Error deploying torchserve: model load failed

Here is the dropbox link to the zip containing log file, model.py, handler.py etc.
https://www.dropbox.com/s/gi8wmyxmpy1zx84/Files.zip?dl=0

Model trained:

Commands used:

torch-model-archiver --model-name foodnet_resnet18 \
                     --version 1.0 \
                     --model-file model/model.py \
                     --serialized-file model/foodnet_resnet18.pth \
                     --handler model/handler.py \
                     --extra-files model/index_to_name.json
torchserve --start \
           --ncs \
           --ts-config deployment/config.properties \
           --model-store deployment/model-store \
           --models foodnet=foodnet_resnet18.mar

What kind of error are you seeing?

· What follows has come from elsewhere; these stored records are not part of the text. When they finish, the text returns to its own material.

-- ===== src/Gateway/Store/Save.antt =====
-- DualSlotStore: what a load finds after a save that succeeded, failed or was cut off.
use mathlib.Core.Path.{subst}
use radio_sensors.Prelude.{
  ℕ, ◌^◌, ◌<◌, ◌≡◌, ◌≢◌, ◌⊎◌, inl, inr, refl, sym, ap, ◌∙◌, true, false, ◌&&◌, List, none, some,
  arith, ◌==◌, if◌then◌else◌, and_then, Bool-cases, Option-cases,
}
use radio_sensors.Gateway.Store.{
  Codec, SlotStorage, Members, loaded, holding, newest_of, next_generation, target_slot, slot_value,
  load, verify, save,
}
use radio_sensors.Gateway.Store.Newest.{
  newest_of-lost_first, newest_of-lost_second, newest_of-first, newest_of-second,
  target_slot-newest_of,
}

module _ {M : Type 0} (C : Codec M) (S : SlotStorage) where
  -- A storage in which one slot alone differs.
  abbrev pub OtherKept : S.State → S.State → ℕ → Type 0
  OtherKept s s' target =
      S.read s' (if target == 0 then 1 else 0) ≡ S.read s (if target == 0 then 1 else 0)

  abbrev pub IsSmall : S.State → Type 0
  IsSmall s =
      (x : M × ℕ) → (slot_value C S s 0 ≡ some x) ⊎ (slot_value C S s 1 ≡ some x) → x.1 < 2 ^ 32

  slot_value-IsU32 : (s : S.State) (i : ℕ) (x : M × ℕ) → slot_value C S s i ≡ some x → x.1 < 2 ^ 32
  slot_value-IsU32 s i x e = elim (Option-cases (S.read s i)) [
    | inl g ↦ absurd (ground (arith, g, e))
    | inr (b, g) ↦ C.decode-IsU32 b x.0 x.1 (S.read-IsByte s i b g) (ground (arith, g, e))
  ]

  slot_value-IsSmall : (s : S.State) → IsSmall s
  slot_value-IsSmall s x (inl e) = slot_value-IsU32 s 0 x e
  slot_value-IsSmall s x (inr e) = slot_value-IsU32 s 1 x e

  -- The members after a load of a storage whose target slot holds the next value.
  pub load-next :
      (s s' : S.State) (v : M)
      → OtherKept s s' (target_slot (load C S s).0)
      → slot_value C S s' (target_slot (load C S s).0) ≡ some (v, next_generation (load C S s).0)
      → (load C S s').0 ≡ holding (target_slot (load C S s).0) (v, next_generation (load C S s).0)
  unfolding load
  load-next s s' v k w =
      elim (target_slot-newest_of C.default_value (slot_value C S s 0) (slot_value C S s 1)) [
        | inl t ↦
            ap (λ a. newest_of C.default_value a (slot_value C S s' 1)) (first t)
            ∙ ap (λ r. newest_of C.default_value (some (v, next)) (and_then r C.decode))
                (subst (λ i. OtherKept s s' i) t k)
            ∙ newest_of-first C.default_value (slot_value C S s 0) (slot_value C S s 1) v
                (slot_value-IsSmall s) t
            ∙ ap (λ i. holding i (v, next)) (sym t)
        | inr t ↦
            ap (λ r. newest_of C.default_value (and_then r C.decode) (slot_value C S s' 1))
              (subst (λ i. OtherKept s s' i) t k)
            ∙ ap (λ b. newest_of C.default_value (slot_value C S s 0) b)
                (subst (λ i. slot_value C S s' i ≡ some (v, next)) t w)
            ∙ newest_of-second C.default_value (slot_value C S s 0) (slot_value C S s 1) v
                (slot_value-IsSmall s) t
            ∙ ap (λ i. holding i (v, next)) (sym t)
      ]
    where
      next : ℕ
      next = next_generation (newest_of C.default_value (slot_value C S s 0) (slot_value C S s 1))

      first :
          target_slot (newest_of C.default_value (slot_value C S s 0) (slot_value C S s 1)) ≡ 0
          → slot_value C S s' 0 ≡ some (v, next)
      first t = subst (λ i. slot_value C S s' i ≡ some (v, next)) t w

  pub target_slot-other :
      (s : S.State)
      → (if target_slot (load C S s).0 == 0 then 1 else 0) ≢ target_slot (load C S s).0
  unfolding load
  target_slot-other s =
      elim (target_slot-newest_of C.default_value (slot_value C S s 0) (slot_value C S s 1)) [
        | inl t ↦ ground (arith, t)
        | inr t ↦ ground (arith, t)
      ]

  -- A read back that passes found the value under the next generation.
  verified :
      (st : Members M) (s : S.State) (v : M)
      → (verify C S st s v).2 ≡ true
      → (slot_value C S s (target_slot st) ≡ some (v, next_generation st))
        × (verify C S st s v ≡ (holding (target_slot st) (v, next_generation st), s, true))
  unfolding verify
  verified st s v h = cases (Option-cases (slot_value C S s (target_slot st)))
    where
      Found : Type 0
      Found =
          (slot_value C S s (target_slot st) ≡ some (v, next_generation st))
          × (verify C S st s v ≡ (holding (target_slot st) (v, next_generation st), s, true))

      same :
          (found : M × ℕ)
          → slot_value C S s (target_slot st) ≡ some found
          → ((found.1 == next_generation st) && C.equal found.0 v ≡ true)
            ⊎ ((found.1 == next_generation st) && C.equal found.0 v ≡ false)
          → Found
      same found e (inr n) = absurd (ground (arith, h, e, n))
      same found e (inl p) =
          let value : found.0 ≡ v = C.equal→eq found.0 v (ground (arith, p)) in
          let number : found.1 ≡ next_generation st = ground (arith, p) in
          (
            e ∙ ap (λ x. some (x, found.1)) value ∙ ap (λ g. some (v, g)) number,
            ground (arith, e, p),
          )

      cases :
          (slot_value C S s (target_slot st) ≡ none)
            ⊎ ((found : M × ℕ) × (slot_value C S s (target_slot st) ≡ some found))
          → Found
      cases (inl e) = absurd (ground (arith, h, e))
      cases (inr (found, e)) = same found e (Bool-cases _)

  -- What a save that succeeds did: nothing, as the value is the current one, or a write of the
  -- target slot, in which the value is read back.
  saved :
      (st : Members M) (s : S.State) (v : M)
      → (save C S st s v).2 ≡ true
      → ((st.current ≡ v) × (save C S st s v ≡ (st, s, true)))
        ⊎ ((bytes : List ℕ) × (slot_value C S (S.write s (target_slot st) bytes).0 (target_slot st)
              ≡ some (v, next_generation st))
            × (save C S st s v ≡ (
              holding (target_slot st) (v, next_generation st),
              (S.write s (target_slot st) bytes).0,
              true,
            )))
  unfolding save
  saved st s v h =
      cases (Bool-cases (st.is_loaded && C.equal st.current v))
        (Option-cases (C.encode v (next_generation st)))
    where
      Done : Type 0
      Done =
          ((st.current ≡ v) × (save C S st s v ≡ (st, s, true)))
          ⊎ ((bytes : List ℕ) × (slot_value C S (S.write s (target_slot st) bytes).0
                  (target_slot st)
                ≡ some (v, next_generation st))
              × (save C S st s v ≡ (
                holding (target_slot st) (v, next_generation st),
                (S.write s (target_slot st) bytes).0,
                true,
              )))

      cases :
          ((st.is_loaded && C.equal st.current v) ≡ true)
            ⊎ ((st.is_loaded && C.equal st.current v) ≡ false)
          → (C.encode v (next_generation st) ≡ none)
            ⊎ ((bytes : List ℕ) × (C.encode v (next_generation st) ≡ some bytes))
          → Done
      cases (inl p) o = inl (C.equal→eq st.current v (ground (arith, p)), ground (arith, p))
      cases (inr n) (inl e) = absurd (ground (arith, h, n, e))
      cases (inr n) (inr (bytes, e)) =
          let done : (S.write s (target_slot st) bytes).1 ≡ true = ground (arith, h, n, e) in
          let read : (verify C S st (S.write s (target_slot st) bytes).0 v).2 ≡ true =
            ground (arith, h, n, e, done) in
          let found = verified st (S.write s (target_slot st) bytes).0 v read in
          inr (bytes, found.0, ground (arith, n, e, done, found.1))

  -- A save through members that a load gave, if it succeeds, leaves members whose value is the one
  -- saved, and a load of the storage after it gives these members.
  pub save_complete :
      (s : S.State) (v : M)
      → (save C S (load C S s).0 s v).2 ≡ true
      → ((load C S (save C S (load C S s).0 s v).1).0 ≡ (save C S (load C S s).0 s v).0)
        × ((save C S (load C S s).0 s v).0.current ≡ v)
  save_complete s v h =
      let st = (load C S s).0 in
      elim (saved st s v h) [
        | inl (same, e) ↦ (rw e refl, rw e same)
        | inr (bytes, found, e) ↦ (
          ap (λ r. (load C S r.1).0) e
              ∙ load-next s (S.write s (target_slot st) bytes).0 v
                  (S.read-write_other s _ _ bytes (target_slot-other s)) found
              ∙ sym (ap (λ r. r.0) e),
          ap (λ r. r.0.current) e,
        )
      ]

  load-loaded :
      (s : S.State) → (load C S s).0.is_loaded ≡ true → load C S s ≡ ((load C S s).0, loaded)
  unfolding load
  load-loaded s h = ground (arith, h)

  load-kept :
      (s s' : S.State)
      → (load C S s).0.is_loaded ≡ true
      → OtherKept s s' (target_slot (load C S s).0)
      → (slot_value C S s' (target_slot (load C S s).0) ≡ none)
        ⊎ (S.read s' (target_slot (load C S s).0) ≡ S.read s (target_slot (load C S s).0))
      → (load C S s').0 ≡ (load C S s).0
  unfolding load
  load-kept s s' h k w =
      let d = C.default_value in
      elim (target_slot-newest_of d (slot_value C S s 0) (slot_value C S s 1)) [
        | inl t ↦
            ap (λ r. newest_of d (slot_value C S s' 0) (and_then r C.decode))
              (subst (λ i. OtherKept s s' i) t k)
            ∙ elim w [
              | inl g ↦
                  ap (λ r. newest_of d r (slot_value C S s 1))
                    (subst (λ i. slot_value C S s' i ≡ none) t g)
                  ∙ newest_of-lost_first d (slot_value C S s 0) (slot_value C S s 1) h t
              | inr g ↦
                  ap (λ r. newest_of d (and_then r C.decode) (slot_value C S s 1))
                    (subst (λ i. S.read s' i ≡ S.read s i) t g)
            ]
        | inr t ↦
            ap (λ r. newest_of d (and_then r C.decode) (slot_value C S s' 1))
              (subst (λ i. OtherKept s s' i) t k)
            ∙ elim w [
              | inl g ↦
                  ap (λ r. newest_of d (slot_value C S s 0) r)
                    (subst (λ i. slot_value C S s' i ≡ none) t g)
                  ∙ newest_of-lost_second d (slot_value C S s 0) (slot_value C S s 1) h t
              | inr g ↦
                  ap (λ r. newest_of d (slot_value C S s 0) (and_then r C.decode))
                    (subst (λ i. S.read s' i ≡ S.read s i) t g)
            ]
      ]

  -- If a load finds a value, and then the slot that a save would write is read as it was or can
  -- not be decoded any more, while the other slot is read as it was, a load finds the same value.
  pub save_interrupted :
      (s s' : S.State)
      → (load C S s).0.is_loaded ≡ true
      → OtherKept s s' (target_slot (load C S s).0)
      → (slot_value C S s' (target_slot (load C S s).0) ≡ none)
        ⊎ (S.read s' (target_slot (load C S s).0) ≡ S.read s (target_slot (load C S s).0))
      → load C S s' ≡ load C S s
  save_interrupted s s' h k w =
      let same = load-kept s s' h k w in
      load-loaded s' (ap (λ m. m.is_loaded) same ∙ h)
      ∙ ap (λ m. (m, loaded)) same
      ∙ sym (load-loaded s h)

Could you post the complete stack trace, please?

Could you please check out the log file from the dropbox link? The webpage isn’t allowing me to post a complete stack trace.

@ptrblck ,

I’ve traced the error to model.load_state_dict( ). To give you context,

import torch.nn as nn
from torchvision.models.resnet import ResNet,BasicBlock

class ImageClassifier(ResNet):
	def __init__(self):
		super(ImageClassifier,self).__init__(BasicBlock,[2,2,2,2],num_classes=2)
		self.fc = nn.Linear(512,2)
import torch
model = ImageClassifier()
model.load_state_dict(torch.load("trainedRes18.pth"))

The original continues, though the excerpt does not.